Understanding the complex nature of the immune response is key to understanding the problems of developing an Aids vaccine. There are in fact two ways the immune system can respond to an invasion of foreign particles such as viruses. One is the humoral, or antibody response, when complex molecules called antibodies are tailor-made to fit around the invader, binding to it and rendering it harmless. These are called "neutralising antibodies" and they are something of a holy grail for Aids researchers because unfortunately the antibodies that people normally make against HIV are ineffective - they do not neutralise the virus.

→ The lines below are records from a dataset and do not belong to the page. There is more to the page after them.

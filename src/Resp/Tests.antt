-- ===== src/Resp/Tests.antt =====
-- Concrete runs of the codec.
use native.Mathlib.Omega.{arith}
use ratatosk.Prelude.{ℕ, ◌++◌, length, drop, min, ◌≡◌, refl, List, [], ◌∷◌, some}
use ratatosk.Prelude.Int.{pos, negsuc}
use ratatosk.Prelude.Eq.{bytes_eq}
use ratatosk.Resp.Crates.{plain_crates}
use ratatosk.Resp.Frame.{
  Frame, map, push, null, entry, end, versioned, bulk_string, array, nil, cons, integer,
  simple_string,
}
use ratatosk.Resp.Encode.{cr, lf, max_usize, encode, encode_for_version, resp2, resp3}
use ratatosk.Resp.Encode.Wire.{wire, project, resolve}
use ratatosk.Resp.Encode.Exact.{encode_for_version-wire, encode-wire}
use ratatosk.Resp.Length.{encoded_len, encoded_len_for_version}
use ratatosk.Resp.Length.Exact.{encoded_len_for_version-length, encoded_len-length}
use ratatosk.Resp.Line.{find_crlf}
use ratatosk.Resp.Line.Find.{shift, crlf_position, find_crlf_lem}
use ratatosk.Resp.Parse.RoundTrip.{parse-encode}
use ratatosk.Resp.Line.{pure}
use ratatosk.Resp.Parse.{parse}
use ratatosk.Prelude.Decimal.{i64_from_str}
use ratatosk.Resp.Segments.{new, pieces}
use ratatosk.Resp.Segments.Load.{weight}
use ratatosk.Resp.Segments.Exact.{Gives, pieces-encode_for_version}
use ratatosk.Prelude.{suc, ◌*◌}

-- "*2\r\n:7\r\n$1\r\nk\r\n" and one byte more
abbrev request : List ℕ
request =
    b'*' ∷ b'2' ∷ cr ∷ lf ∷ b':' ∷ b'7' ∷ cr ∷ lf ∷ b'$' ∷ b'1' ∷ cr ∷ lf ∷ b'k' ∷ cr ∷ lf ∷ b'!'
    ∷ []

run_request :
    parse plain_crates request
    ≡ (pure (array (cons (integer (pos 7)) (cons (bulk_string (some (b'k' ∷ []))) nil))), b'!' ∷ [])
unfolding parse plain_crates i64_from_str
run_request = refl

-- ECHO "a\x41" in an inline line
parse_inline :
    parse plain_crates (b'E' ∷ b' ' ∷ b'"' ∷ b'a' ∷ 92 ∷ b'x' ∷ b'4' ∷ b'1' ∷ b'"' ∷ lf ∷ []) ≡ (
      pure (
          array (
            cons
              (bulk_string (some (b'E' ∷ [])))
              (cons (bulk_string (some (b'a' ∷ b'A' ∷ []))) nil))),
      [],
    )
unfolding parse plain_crates i64_from_str
parse_inline = refl

encode_ok :
    encode plain_crates (simple_string (b'O' ∷ b'K' ∷ [])) ≡ b'+' ∷ b'O' ∷ b'K' ∷ cr ∷ lf ∷ []
unfolding encode bytes_eq plain_crates
encode_ok = refl

-- A map with a push inside it.
abbrev reply : Frame
reply =
    map (
      entry (bulk_string (some (b'k' ∷ []))) (push (cons (integer (negsuc 4)) (cons null nil))) end)

encode_for_version-wire_example :
    encode_for_version plain_crates reply resp2 ≡ wire (project reply resp2)
encode_for_version-wire_example =
    encode_for_version-wire plain_crates reply resp2 (omega arith, (tt, (tt, (tt, tt)), tt))

encode-wire_example :
    encode plain_crates (versioned (pos 3) reply) ≡ wire (resolve (versioned (pos 3) reply))
encode-wire_example =
    encode-wire plain_crates (versioned (pos 3) reply) (omega arith, (tt, (tt, (tt, tt)), tt))

encoded_len_for_version-length_example :
    encoded_len_for_version reply resp3
    ≡ min (length (encode_for_version plain_crates reply resp3)) max_usize
encoded_len_for_version-length_example =
    encoded_len_for_version-length plain_crates reply resp3 (omega arith, (tt, (tt, (tt, tt)), tt))

encoded_len-length_example : encoded_len reply ≡ min (length (encode plain_crates reply)) max_usize
encoded_len-length_example =
    encoded_len-length plain_crates reply (omega arith, (tt, (tt, (tt, tt)), tt))

find_crlf_lem_example : find_crlf plain_crates request 2 ≡ shift 2 (crlf_position (drop 2 request))
find_crlf_lem_example = find_crlf_lem plain_crates request 2

abbrev command : Frame
command = array (cons (bulk_string (some (b'k' ∷ []))) (cons (simple_string (b'O' ∷ [])) nil))

parse-encode_example :
    parse plain_crates (encode plain_crates command ++ (b'!' ∷ [])) ≡ (pure command, b'!' ∷ [])
parse-encode_example =
    parse-encode plain_crates command (b'!' ∷ [])
      (omega arith, (omega arith, ((omega arith, omega arith, tt), tt)))

pieces-encode_for_version_example :
    Gives
      (encode_for_version plain_crates reply resp2)
      (pieces plain_crates (suc (4 * weight reply)) (new reply resp2 3 1))
pieces-encode_for_version_example = pieces-encode_for_version plain_crates reply resp2 3 1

The other type of immune defence is the "cell-mediated" response, when the soldier cells of the body - such as killer T-cells - are sent out to recognise and destroy the invaders. Professor McMichael said that this aspect of immunity is the one that is giving scientists the most hope for developing an Aids vaccine. The idea is to protect not against infection as such but against the onset of disease once the virus has gained entry to the body. Professor McMichael likens the situation to the way most people manage to harbour potentially dangerous viruses, such as Epstein-Barr, which causes glandular fever, without getting ill. They do so by having a good cell-mediated immunity that prevents the virus from getting out of control. "If we can get into that situation with HIV then it wouldn't be that bad," Professor McMichael says. "It would of course be better to have a fully prophylactic vaccine that prevents infection, but for that I think we also need an effective antibody vaccine."

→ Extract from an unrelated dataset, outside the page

-- ===== src/Shm.antt =====
-- crates/ratatosk-shm: the shared-memory transport.
pub mod Ring
mod Tests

Professor Frances Gotch, an immunologist at the Chelsea and Westminster Hospital in London, and head of the British arm of the International Aids Vaccine Initiative, says the aim is still to develop a prophylactic vaccine against Aids. "We are moving faster than we were three years ago. There has been a worldwide effort. We have not cracked the problem but the pipeline is widening. We are beginning to understand what immune response might work," she says. "We recognise the first vaccine [to be developed] may not stop the infection but enable people to live with HIV. This is not ideal. But it will curb the epidemic by reducing the viral load. But the aim of the international vaccine initiative is still to have a prophylactic vaccine."

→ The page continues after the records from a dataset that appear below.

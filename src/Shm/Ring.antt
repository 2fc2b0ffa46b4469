-- ===== src/Shm/Ring.antt =====
-- The single-producer, single-consumer byte ring, crates/ratatosk-shm/src/ring.rs. The control words
-- and the storage are a record; `tail` of a producer and `head` of a consumer are their private
-- copies. Additions of `u64` wrap.
pub mod Mask
pub mod Window
pub mod Refine
pub mod Queue
pub mod Run
pub mod Hostile
pub mod InRange
use mathlib.Core.Option.{map}
use Prim.Native.Nat.{bit_and}
use ratatosk.Prelude.{
  ℕ, zero, suc, ◌+◌, ◌-◌, ◌%◌, ◌^◌, min, Bool, true, false, List, [], ◌∷◌, if◌then◌else◌, ltb, ◌==◌,
  length, set, get_or, Option, none, some,
}

abbrev pub u64_mod : ℕ
u64_mod = 2 ^ 64

abbrev pub wrapping_add : ℕ → ℕ → ℕ
wrapping_add a b = (a + b) % u64_mod

abbrev pub wrapping_sub : ℕ → ℕ → ℕ
wrapping_sub a b = (a + u64_mod - b) % u64_mod

-- `Result<A, Corrupt>`
pub data Checked (A : Type 0) : Type 0 where
  ok : A → Checked A
  corrupt : Checked A

pub data Park : Type 0 where
  proceed sleep : Park

-- `RingView`
pub record RingView : Type 0 where
  pub tail : ℕ
  pub head : ℕ
  pub consumer_parked : ℕ
  pub producer_parked : ℕ
  pub bytes : List ℕ

abbrev pub capacity : RingView → ℕ
capacity v = length v.bytes

abbrev pub mask : RingView → ℕ
mask v = capacity v - 1

pub record Producer : Type 0 where
  pub tail : ℕ

pub record Consumer : Type 0 where
  pub head : ℕ

-- `Producer::used` and `Consumer::available`: the distance of the indices, if the capacity allows it.
unfoldable pub used : Producer → RingView → ℕ → Checked ℕ
used p v head = let n = wrapping_sub p.tail head in if ltb (capacity v) n then corrupt else ok n

unfoldable pub available : Consumer → RingView → ℕ → Checked ℕ
available c v tail =
    let n = wrapping_sub tail c.head in if ltb (capacity v) n then corrupt else ok n

-- The loop of `push` over `src[..n]`, from its byte `i` on. The storage keeps its length, so the
-- mask is that of the whole loop.
unfoldable pub store_bytes : ℕ → ℕ → ℕ → ℕ → List ℕ → List ℕ → List ℕ
store_bytes m tail i zero src bytes = bytes
store_bytes m tail i (suc n) [] bytes = bytes
store_bytes m tail i (suc n) (b ∷ src) bytes =
    store_bytes m tail (i + 1) n src (set bytes (bit_and (wrapping_add tail i) m) b)

-- The bytes that the loop of `pop` copies out, from byte `i` on.
unfoldable pub load_bytes : ℕ → ℕ → ℕ → ℕ → List ℕ → List ℕ
load_bytes m head i zero bytes = []
load_bytes m head i (suc n) bytes =
    get_or bytes (bit_and (wrapping_add head i) m) 0 ∷ load_bytes m head (i + 1) n bytes

unfoldable pub push : Producer → RingView → List ℕ → Checked ℕ × Producer × RingView
unfolding used store_bytes
push p v src = elim (used p v v.head) [
  | corrupt ↦ (corrupt, p, v)
  | ok u ↦
      let n = min (capacity v - u) (length src) in
      let tail = wrapping_add p.tail n in
      if n == 0 then (ok 0, p, v) else (
        ok n,
        record { tail = tail },
        record v { bytes = store_bytes (mask v) p.tail 0 n src v.bytes; tail = tail },
      )
]

-- `room` is `dst.len()`; the bytes are those that it is filled with.
unfoldable pub pop : Consumer → RingView → ℕ → Checked (List ℕ) × Consumer × RingView
unfolding available load_bytes
pop c v room = elim (available c v v.tail) [
  | corrupt ↦ (corrupt, c, v)
  | ok a ↦
      let n = min a room in
      let head = wrapping_add c.head n in
      if n == 0 then (ok [], c, v) else (
        ok (load_bytes (mask v) c.head 0 n v.bytes),
        record { head = head },
        record v { head = head },
      )
]

-- The same loops and calls with the panics of the source, `none`: an index outside of the storage or a
-- slice of `src` that is too long.
unfoldable pub store_checked : ℕ → ℕ → ℕ → ℕ → List ℕ → List ℕ → Option (List ℕ)
store_checked m tail i zero src bytes = some bytes
store_checked m tail i (suc n) [] bytes = none
store_checked m tail i (suc n) (b ∷ src) bytes =
    let idx = bit_and (wrapping_add tail i) m in
    if ltb idx (length bytes) then store_checked m tail (i + 1) n src (set bytes idx b) else none

unfoldable pub load_checked : ℕ → ℕ → ℕ → ℕ → List ℕ → Option (List ℕ)
load_checked m head i zero bytes = some []
load_checked m head i (suc n) bytes =
    let idx = bit_and (wrapping_add head i) m in
    if ltb idx (length bytes)
    then map (λ (rest : List ℕ). get_or bytes idx 0 ∷ rest) (load_checked m head (i + 1) n bytes)
    else none

unfoldable pub push_checked :
    Producer → RingView → List ℕ → Option (Checked ℕ × Producer × RingView)
unfolding used store_checked
push_checked p v src = elim (used p v v.head) [
  | corrupt ↦ some (corrupt, p, v)
  | ok u ↦
      let n = min (capacity v - u) (length src) in
      let tail = wrapping_add p.tail n in
      if n == 0
      then some (ok 0, p, v)
      else (map
          (λ (bytes : List ℕ).
            (ok n, record { tail = tail }, record v { bytes = bytes; tail = tail }))
          (store_checked (mask v) p.tail 0 n src v.bytes))
]

unfoldable pub pop_checked :
    Consumer → RingView → ℕ → Option (Checked (List ℕ) × Consumer × RingView)
unfolding available load_checked
pop_checked c v room = elim (available c v v.tail) [
  | corrupt ↦ some (corrupt, c, v)
  | ok a ↦
      let n = min a room in
      let head = wrapping_add c.head n in
      if n == 0
      then some (ok [], c, v)
      else (map (λ (bytes : List ℕ). (ok bytes, record { head = head }, record v { head = head }))
          (load_checked (mask v) c.head 0 n v.bytes))
]

-- `should_ring` of the producer and of the consumer.
abbrev pub consumer_waits : RingView → Bool
consumer_waits v = v.consumer_parked == 1

abbrev pub producer_waits : RingView → Bool
producer_waits v = v.producer_parked == 1

-- A corrupt index leaves the flag armed.
unfoldable pub park_for_space : Producer → RingView → Checked Park × RingView
unfolding used
park_for_space p v = elim (used p v v.head) [
  | corrupt ↦ (corrupt, record v { producer_parked = 1 })
  | ok u ↦
      if ltb u (capacity v)
      then (ok proceed, record v { producer_parked = 0 })
      else (ok sleep, record v { producer_parked = 1 })
]

unfoldable pub park_for_data : Consumer → RingView → Checked Park × RingView
unfolding available
park_for_data c v = elim (available c v v.tail) [
  | corrupt ↦ (corrupt, record v { consumer_parked = 1 })
  | ok a ↦
      if ltb 0 a
      then (ok proceed, record v { consumer_parked = 0 })
      else (ok sleep, record v { consumer_parked = 1 })
]

unfoldable pub producer_unpark : RingView → RingView
producer_unpark v = record v { producer_parked = 0 }

unfoldable pub consumer_unpark : RingView → RingView
consumer_unpark v = record v { consumer_parked = 0 }

abbrev pub checked_lt : Checked ℕ → ℕ → Checked Bool
checked_lt corrupt n = corrupt
checked_lt (ok u) n = ok (ltb u n)

abbrev pub checked_pos : Checked ℕ → Checked Bool
checked_pos corrupt = corrupt
checked_pos (ok u) = ok (ltb 0 u)

unfoldable pub has_space : Producer → RingView → Checked Bool
unfolding used
has_space p v = checked_lt (used p v v.head) (capacity v)

unfoldable pub has_data : Consumer → RingView → Checked Bool
unfolding available
has_data c v = checked_pos (available c v v.tail)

Most scientists believe that a vaccine that triggers a cell-mediated response that protects against developing Aids, but is not prophylactic, is much closer than the holy grail of a vaccine that stimulates an attack on HIV with fully neutralising antibodies. David Ho, a leading Aids researcher at the Aaron Diamond Aids Research Centre in New York, says there are many explanations for why the holy grail is likely to remain just that for many years to come: "In the natural course of HIV infection, the virus wins 99 per cent of the time, showing that specific immunity in an infected person is unable to completely clear the virus," he explains. "We have also known for over a decade that primary HIV isolates are relatively resistant to antibody neutralisation, probably because of a protective shield on the viral envelope glycoproteins," he says.

"Arguably, the reason for the lack of an effective HIV vaccine today is rooted in the basic problems posed by the virus itself."

An Aids vaccine is rightfully depicted as the greatest public health need. But unfortunately it is also the one that raises some of the greatest problems for medical science.